Task requirements = Please return every line of the records below that holds the word "FileEntry".

Entries provided START

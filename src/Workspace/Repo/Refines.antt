-- ===== src/Workspace/Repo/Refines.antt =====
-- Repo.Commit of relay/internal/workspace/workspace.go implements its operations on the files.
use mathlib.Core.Path.{subst}
use appunvs.Prelude.{
  ℕ, ◌≡◌, refl, sym, ap, ◌∙◌, String, Bool, true, false, Option, none, some, List, [], ◌∷◌, ◌==◌,
  string_eq, if◌then◌else◌, arith, Bool-cases, ◌⊎◌, inl, inr,
}
use appunvs.Workspace.Path.{Name, split}
use appunvs.Workspace.Tree.{
  FileEntry, look, Child, Dirs, empty_child, Flat, build, TreeEntry, prepend, emit_rest, emit_node,
  emit, emit_dirs, write_tree_recursive,
}
use appunvs.Workspace.Tree.Lookup.{into, HasUniquePaths, IsClear}
use appunvs.Workspace.Tree.Emit.{KeepsTrees, git_at}
use appunvs.Workspace.Tree.Read.{git_at_later}
use appunvs.Workspace.Repo.{
  Bytes, WriteOp, Head, CommitObject, Git, apply_ops, moved, point_main, new_commit, is_tree_of,
  seal, write_ops, on_head, commit,
}
use appunvs.Workspace.Repo.Laws.{Keeps, Documented, Keeps-trans, Keeps-refl}
use appunvs.Workspace.Repo.Ops.{
  Files, after_ops, contents, Stored, Applied, apply_ops-Applied, contents_kept,
}

module _ {G : Type 0} (git : Git G) (trees : KeepsTrees git.put_tree)
    (doc : Documented git trees) where
  -- Objects stay, and HEAD.
  abbrev pub Quiet : G → G → Type 0
  Quiet g g' = Keeps git trees g g' × (git.head g' ≡ git.head g)

  pub Quiet-refl : (g : G) → Quiet g g
  Quiet-refl g = (Keeps-refl git trees g, refl)

  pub Quiet-trans : {g g' g'' : G} → Quiet g g' → Quiet g' g'' → Quiet g g''
  Quiet-trans (a, x) (b, y) = (Keeps-trans git trees a b, y ∙ x)

  prepend_state :
      (n : Name) (h : String) (x : Option (List TreeEntry) × G)
      → (prepend git.put_tree n h x).1 ≡ x.1
  unfolding prepend
  prepend_state n h (none, g) = refl
  prepend_state n h (some es, g) = refl

  emit_rest-Quiet :
      (n : Name) (g : G) (x : Option String × G) (rest : G → Option (List TreeEntry) × G)
      → Quiet g x.1
      → ((g : G) → Quiet g (rest g).1)
      → Quiet g (emit_rest git.put_tree n x rest).1
  unfolding emit_rest
  emit_rest-Quiet n g (none, g') rest q f = q
  emit_rest-Quiet n g (some h, g') rest q f =
      subst (λ (z : G). Quiet g z) (sym (prepend_state n h (rest g'))) (Quiet-trans q (f g'))

  emit_node-Quiet :
      (files : List (Name × FileEntry)) (g : G) (x : Option (List TreeEntry) × G)
      → Quiet g x.1
      → Quiet g (emit_node git.put_tree files x).1
  unfolding emit_node
  emit_node-Quiet files g (none, g') q = q
  emit_node-Quiet files g (some es, g') q = Quiet-trans q (doc.tree_keeps _ g', doc.tree_head _ g')

  mutual
    unfolding emit emit_dirs

    pub emit-Quiet : (c : Child) (g : G) → Quiet g (emit git.put_tree c g).1
    emit-Quiet (Child.node files dirs) g =
        emit_node-Quiet files g (emit_dirs git.put_tree dirs g) (emit_dirs-Quiet dirs g)

    emit_dirs-Quiet : (ds : Dirs) (g : G) → Quiet g (emit_dirs git.put_tree ds g).1
    emit_dirs-Quiet Dirs.end g = Quiet-refl g
    emit_dirs-Quiet (Dirs.dir n c ds) g =
        emit_rest-Quiet n g (emit git.put_tree c g) (emit_dirs git.put_tree ds) (emit-Quiet c g)
          (λ g'. emit_dirs-Quiet ds g')

  -- HEAD is at a commit whose tree, read through its blobs, gives these files.
  pub record Holds (f : Files) (g : G) (h : String) : Type 0 where
    pub at_head : git.head g ≡ Head.at_commit h
    pub root : String
    pub tree : git.tree_of h g ≡ some root
    pub files :
        (path : List ℕ)
        → into (git_at git.put_tree trees g (split path) root) (λ e. git.read_blob e.hash g)
          ≡ f path

  -- A root tree that gives the files, before the commit.
  record IsRoot (f : Files) (g : G) (root : String) : Type 0 where
    pub entries : Flat
    pub placed :
        (g' : G)
        → Keeps git trees g g'
        → (path : List ℕ) → git_at git.put_tree trees g' (split path) root ≡ look path entries
    pub stored : Stored git trees doc g entries
    pub same : (path : List ℕ) → contents git trees doc g entries path ≡ f path

  IsRoot-Holds :
      (f : Files) (g g' : G) (root h : String)
      → IsRoot f g root
      → Keeps git trees g g'
      → git.tree_of h g' ≡ some root
      → git.head g' ≡ Head.at_commit h
      → Holds f g' h
  IsRoot-Holds f g g' root h r keeps t at = record {
    at_head = at;
    root = root;
    tree = t;
    files = λ path.
        ap (λ (x : Option FileEntry). into x (λ e. git.read_blob e.hash g'))
          (r.placed g' keeps path)
        ∙ contents_kept git trees doc g g' r.entries keeps r.stored path
        ∙ r.same path;
  }

  -- A write of the tree after the operations.
  root_lem :
      (f : Files) (g g1 g2 : G) (flat : Flat) (root : String)
      → Applied git trees doc f g flat g1
      → IsClear f
      → write_tree_recursive git.put_tree flat g1 ≡ (some root, g2)
      → IsRoot f g2 root × Quiet g g2
  root_lem f g g1 g2 flat root a clear e =
      let state : (write_tree_recursive git.put_tree flat g1).1 ≡ g2 =
        ap (λ (x : Option String × G). x.1) e in
      let quiet : Quiet g1 g2 =
        subst (λ (z : G). Quiet g1 z) state
          (unfold write_tree_recursive in emit-Quiet (build flat empty_child) g1) in
      (
        record {
          entries = flat;
          placed = λ g' keeps path.
              git_at_later git.put_tree trees flat g1 g2 g' root a.unique still_clear e keeps.tree
                path;
          stored = λ path. kept path (a.stored path) quiet.0;
          same =
              λ path. contents_kept git trees doc g1 g2 flat quiet.0 a.stored path ∙ a.changed path;
        },
        Quiet-trans (a.keeps, a.head) quiet,
      )
    where
      gone :
          (p : List ℕ)
          → f p ≡ none
          → (look p flat ≡ none) ⊎ ((b : Bytes) × (contents git trees doc g1 flat p ≡ some b))
          → look p flat ≡ none
      gone p x (inl y) = y
      gone p x (inr (b, y)) = absurd (let c = a.changed p in ground (arith, x, y, c))

      still_clear : IsClear (λ p. look p flat)
      still_clear p q m ms s = elim (clear p q m ms s) [
        | inl x ↦ inl (gone p x (a.stored p))
        | inr x ↦ inr (gone q x (a.stored q))
      ]

      kept :
          (path : List ℕ)
          → (look path flat ≡ none) ⊎ ((b : Bytes) × (contents git trees doc g1 flat path ≡ some b))
          → Keeps git trees g1 g2
          → (look path flat ≡ none) ⊎ ((b : Bytes) × (contents git trees doc g2 flat path ≡ some b))
      kept path (inl z) k = inl z
      kept path (inr (b, y)) k = inr (b, contents_kept git trees doc g1 g2 flat k a.stored path ∙ y)

  moved_lem :
      (h h' : String) (x : Bool × G) (g' : G)
      → moved git h x ≡ (some h', g')
      → (h ≡ h') × (x ≡ (true, g'))
  unfolding moved
  moved_lem h h' (true, g) g' e = (ground arith, ground arith)
  moved_lem h h' (false, g) g' e = absurd (ground arith)

  point_main_lem :
      (x : Option String × G) (h : String) (g' : G)
      → point_main git x ≡ (some h, g')
      → (g : G) × (x ≡ (some h, g)) × (git.set_main h g ≡ (true, g'))
  unfolding point_main
  point_main_lem (none, g) h g' e = absurd (ground arith)
  point_main_lem (some k, g) h g' e =
      let (same, set) = moved_lem k h (git.set_main k g) g' e in
      (
        g,
        ap (λ (z : String). (some z, g)) same,
        ap (λ (z : String). git.set_main z g) (sym same) ∙ set,
      )

  new_commit-Holds :
      (f : Files) (g g' : G) (root message name email h : String) (parents : List String)
      → IsRoot f g root
      → new_commit git root message name email parents g ≡ (some h, g')
      → Holds f g' h
  unfolding new_commit
  new_commit-Holds f g g' root message name email h parents r e =
      let g1 = (git.now g).1 in
      let g2 = (git.now g1).1 in
      let c : CommitObject = record {
        author = record { name = name; email = email; when = (git.now g).0 };
        committer = record { name = name; email = email; when = (git.now g1).0 };
        message = message;
        tree_hash = root;
        parent_hashes = parents;
      } in
      let (g3, put, set) = point_main_lem (git.put_commit c g2) h g' e in
      let state3 : (git.put_commit c g2).1 ≡ g3 = ap (λ (x : Option String × G). x.1) put in
      let state' : (git.set_main h g3).1 ≡ g' = ap (λ (x : Bool × G). x.1) set in
      let k1 = Keeps-trans git trees (doc.now_keeps g) (doc.now_keeps g1) in
      let k2 = subst (λ (z : G). Keeps git trees g2 z) state3 (doc.commit_keeps c g2) in
      let k3 = subst (λ (z : G). Keeps git trees g3 z) state' (doc.main_keeps h g3) in
      let t = k3.commit h root (doc.commit_reads c g2 g3 h put) in
      IsRoot-Holds f g g' root h r (Keeps-trans git trees (Keeps-trans git trees k1 k2) k3) t
        (doc.main_moves h g3 g' set)

  -- The commit that the new one follows is HEAD's.
  abbrev Follows : List String → Head → Type 0
  Follows [] at = Unit {0}
  Follows (p ∷ ps) at = at ≡ Head.at_commit p

  seal-Holds :
      (f : Files) (message name email h root : String) (parents : List String) (g g' : G)
      → IsRoot f g root
      → Follows parents (git.head g)
      → seal git message name email parents (some root, g) ≡ (some h, g')
      → Holds f g' h
  unfolding seal is_tree_of
  seal-Holds f message name email h root [] g g' r follows e =
      new_commit-Holds f g g' root message name email h [] r e
  seal-Holds f message name email h root (p ∷ ps) g g' r follows e =
      same_tree (git.tree_of p g) refl e
    where
      same_tree :
          (t : Option String)
          → git.tree_of p g ≡ t
          → (if is_tree_of git root t
              then (some p, g)
              else new_commit git root message name email (p ∷ ps) g)
            ≡ (some h, g')
          → Holds f g' h
      same_tree none x k = new_commit-Holds f g g' root message name email h (p ∷ ps) r k
      same_tree (some t) x k = elim (Bool-cases (t == root)) [
        | inr d ↦
            new_commit-Holds f g g' root message name email h (p ∷ ps) r (ground (arith, d, k))
        | inl d ↦
            let own : t ≡ root = ground arith in
            let sha : p ≡ h = ground (arith, d, k) in
            let state : g ≡ g' = ground (arith, d, k) in
            subst (λ (z : G). Holds f z h) state
              (subst (λ (z : String). Holds f g z) sha
                (IsRoot-Holds f g g root p r (Keeps-refl git trees g) (x ∙ ap some own) follows))
      ]

  write_ops-Holds :
      (ops : List WriteOp) (flat : Flat) (message name email h : String) (parents : List String)
      (g g' : G)
      → HasUniquePaths flat
      → Stored git trees doc g flat
      → Follows parents (git.head g)
      → IsClear (after_ops ops (contents git trees doc g flat))
      → write_ops git message name email parents (apply_ops git ops flat g) ≡ (some h, g')
      → Holds (after_ops ops (contents git trees doc g flat)) g' h
  unfolding write_ops
  write_ops-Holds ops flat message name email h parents g g' u stored follows clear e =
      applied (apply_ops git ops flat g) refl e
    where
      f : Files
      f = after_ops ops (contents git trees doc g flat)

      still : (ps : List String) (a b : Head) → b ≡ a → Follows ps a → Follows ps b
      still [] a b same x = tt
      still (p ∷ ps) a b same x = same ∙ x

      rooted :
          (flat' : Flat) (g1 : G) (x : Option String × G)
          → apply_ops git ops flat g ≡ (some flat', g1)
          → write_tree_recursive git.put_tree flat' g1 ≡ x
          → seal git message name email parents x ≡ (some h, g')
          → Holds f g' h
      rooted flat' g1 (none, g2) a t k = absurd (failed_seal g2 k)
        where
          failed_seal : (g2 : G) → seal git message name email parents (none, g2) ≡ (some h, g') → ⊥
          failed_seal g2 k = unfold seal in ground arith
      rooted flat' g1 (some root, g2) a t k =
          let applied = apply_ops-Applied git trees doc ops flat flat' g g1 u stored a in
          let (r, quiet) = root_lem f g g1 g2 flat' root applied clear t in
          seal-Holds f message name email h root parents g2 g' r
            (still parents (git.head g) (git.head g2) quiet.1 follows) k

      applied :
          (x : Option Flat × G)
          → apply_ops git ops flat g ≡ x
          → write_ops git message name email parents x ≡ (some h, g')
          → Holds f g' h
      applied (none, g1) a k = absurd (ground arith)
      applied (some flat', g1) a k =
          rooted flat' g1 (write_tree_recursive git.put_tree flat' g1) a refl k

  -- The files that HEAD's commit lists, or none where there is no commit yet.
  abbrev pub HeadFiles : G → Flat → Type 0
  HeadFiles g flat =
      ((git.head g ≡ Head.unborn) × (flat ≡ []))
      ⊎ ((c : String) × (git.head g ≡ Head.at_commit c) × (git.files c g ≡ some flat))

  on_head-Holds :
      (ops : List WriteOp) (flat : Flat) (message name email h : String) (g g' : G)
      → HeadFiles g flat
      → HasUniquePaths flat
      → Stored git trees doc g flat
      → IsClear (after_ops ops (contents git trees doc g flat))
      → on_head git ops message name email (git.head g) g ≡ (some h, g')
      → Holds (after_ops ops (contents git trees doc g flat)) g' h
  unfolding on_head
  on_head-Holds ops flat message name email h g g' (inl (at, empty)) u stored clear e =
      let run = subst (λ (z : Head). on_head git ops message name email z g ≡ (some h, g')) at e in
      write_ops-Holds ops flat message name email h [] g g' u stored tt clear (
        subst
          (λ (z : Flat). write_ops git message name email [] (apply_ops git ops z g) ≡ (some h, g'))
          (sym empty) run)
  on_head-Holds ops flat message name email h g g' (inr (c, at, listed)) u stored clear e =
      let run = subst (λ (z : Head). on_head git ops message name email z g ≡ (some h, g')) at e in
      write_ops-Holds ops flat message name email h (c ∷ []) g g' u stored at clear
        (rw (listed, on_head) at run)

  -- A commit that succeeds, on a repository whose HEAD lists paths once and with their contents, and
  -- whose operations leave no path that leads through another file's: HEAD is at the commit that it
  -- answers with, and under every path git finds what the operations, one after the other, make of the
  -- files that were there.
  pub commit-Holds :
      (op : WriteOp) (ops : List WriteOp) (flat : Flat) (message name email h : String) (g g' : G)
      → HeadFiles g flat
      → HasUniquePaths flat
      → Stored git trees doc g flat
      → IsClear (after_ops (op ∷ ops) (contents git trees doc g flat))
      → commit git (op ∷ ops) message name email g ≡ (some h, g')
      → Holds (after_ops (op ∷ ops) (contents git trees doc g flat)) g' h
  unfolding commit
  commit-Holds op ops flat message name email h g g' at u stored clear e =
      on_head-Holds (op ∷ ops) flat (if message == "" then "ai: update" else message)
        (if name == "" then "appunvs" else name) (if email == "" then "agent@appunvs" else email) h
        g g' at u stored clear e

Entries provided END

Answer to the problem =
  FileEntry, look, Child, Dirs, empty_child, Flat, build, TreeEntry, prepend, emit_rest, emit_node,
      (files : List (Name × FileEntry)) (g : G) (x : Option (List TreeEntry) × G)
        ap (λ (x : Option FileEntry). into x (λ e. git.read_blob e.hash g'))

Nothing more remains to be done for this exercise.